FILE PHOTO: U.S. President Joe Biden announces the nomination of Federal Reserve Chair Jerome Powell for a second four-year term in Washington, U.S., November 22, 2021. REUTERS/Kevin Lamarque

(Reuters) – U.S. President Joe Biden on Wednesday will unveil an updated national strategy to combat the AIDS epidemic by boosting money for research, increasing access to treatment, and recognizing the role racism plays in inequitable access to medical services.

The third update to the national AIDS strategy since 2010 sets a lofty target of ending the U.S. HIV epidemic by 2030, including a 75% reduction in new HIV infections by 2025 and a 90% reduction by 2030.

HIV/AIDS has killed more than 36 million people around the world – including more than 700,000 in the U.S. – since the virus was first identified in 1981.

During the 2020 campaign, Biden promised to update the national strategy, which was started in 2010 by President Barack Obama.

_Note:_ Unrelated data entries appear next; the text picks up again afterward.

-- ===== src/Voice/Sender/Terminal/Told.antt =====
-- crates/voicetastic-core/src/voice/sender.rs: what a subscriber may be told of one send.
use voicetastic_core.Prelude.{ℕ, Bool, true, false, Option, some, List, [], ◌∷◌, ◌==◌, ◌≡◌, ap}
use voicetastic_core.Prelude.Assoc.{lookup}
use voicetastic_core.Voice.Sender.{SendStatus, gave_up, SendTask, is_active}
use voicetastic_core.Voice.Sender.System.{System, Reach}
use voicetastic_core.Voice.Sender.Terminal.Quiet.{terminals}
use voicetastic_core.Voice.Sender.Terminal.Moves.{
  is_ended, Verdict, Account, unsent, running, cancelled, closed,
}
use voicetastic_core.Voice.Sender.Terminal.Heard.{names}
use voicetastic_core.Voice.Sender.Terminal.Kept.{stage}
use voicetastic_core.Voice.Sender.Terminal.Steps.{Reach-IsAccounted}

-- What a subscriber may have been told of a send, by its active entry and its task.
abbrev pub Told : ℕ → Bool → Bool → Bool → List SendStatus → Type 0
Told id n true false ts = ts ≡ []
Told id n true true ts = ⊥
Told id n false false ts = ts ≡ gave_up id ∷ []
Told id n false true ts = Verdict id n ts

Account-Told :
    {id : ℕ} {n a : Bool} {ts : List SendStatus} {o : Option Bool} (e : Bool)
    → o ≡ some e
    → Account id n a ts o
    → Told id n a e ts
Account-Told e q (unsent n a t o) = absurd cc
Account-Told e q (running a t o) = let e_no : e ≡ false = cc (q, o) in rw (a, e_no) t
Account-Told e q (cancelled n a t o) = let e_no : e ≡ false = cc (q, o) in rw (a, e_no) t
Account-Told e q (closed a o v) = let e_yes : e ≡ true = cc (q, o) in rw (a, e_yes) v

-- In every state that the sender, its tasks and its listener can reach, two sends never sharing an
-- id: while a send is active nothing terminal was told of it and its task runs; a running task whose
-- entry is gone was told `GaveUp`, once; and of a task that has ended either one terminal status was
-- told, or two, the other than `GaveUp` being `Complete` or `Failed`, never both of these.
pub Reach-Told :
    (y : System)
    → Reach y
    → (id : ℕ) (t : SendTask) → lookup ◌==◌ id y.tasks ≡ some t
    → Told id
        (names id y.heard)
        (is_active id y.sender)
        (is_ended t.phase)
        (terminals id y.sender.emitted)
Reach-Told y r id t found =
    Account-Told (is_ended t.phase) (ap stage found) ((Reach-IsAccounted r).held id)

“President Biden is honoring that commitment by releasing the new national HIV/AIDS strategy on World AIDS Day and providing a framework and a direction for the administration’s policies, research, programs and planning,” a senior administration official said.

Biden is announcing the plan even as the world struggles to contain the COVID-19 pandemic, which has killed more than 48 million people globally, including more than 700,000 in the United States. It is another illustration of the difficulties world leaders face in stamping out disease.

The new AIDS strategy, outlined in a 98-page document, seeks to address social issues that contribute to HIV risk and health outcomes. It encourages reform of state laws that criminalize HIV transmission and adds a new focus on opportunities to engage the private sector to help fight the HIV epidemic.

Biden’s budget request included $670 million for continued implementation of the Ending the HIV Epidemic in the U.S. initiative — $267 million more than previous levels.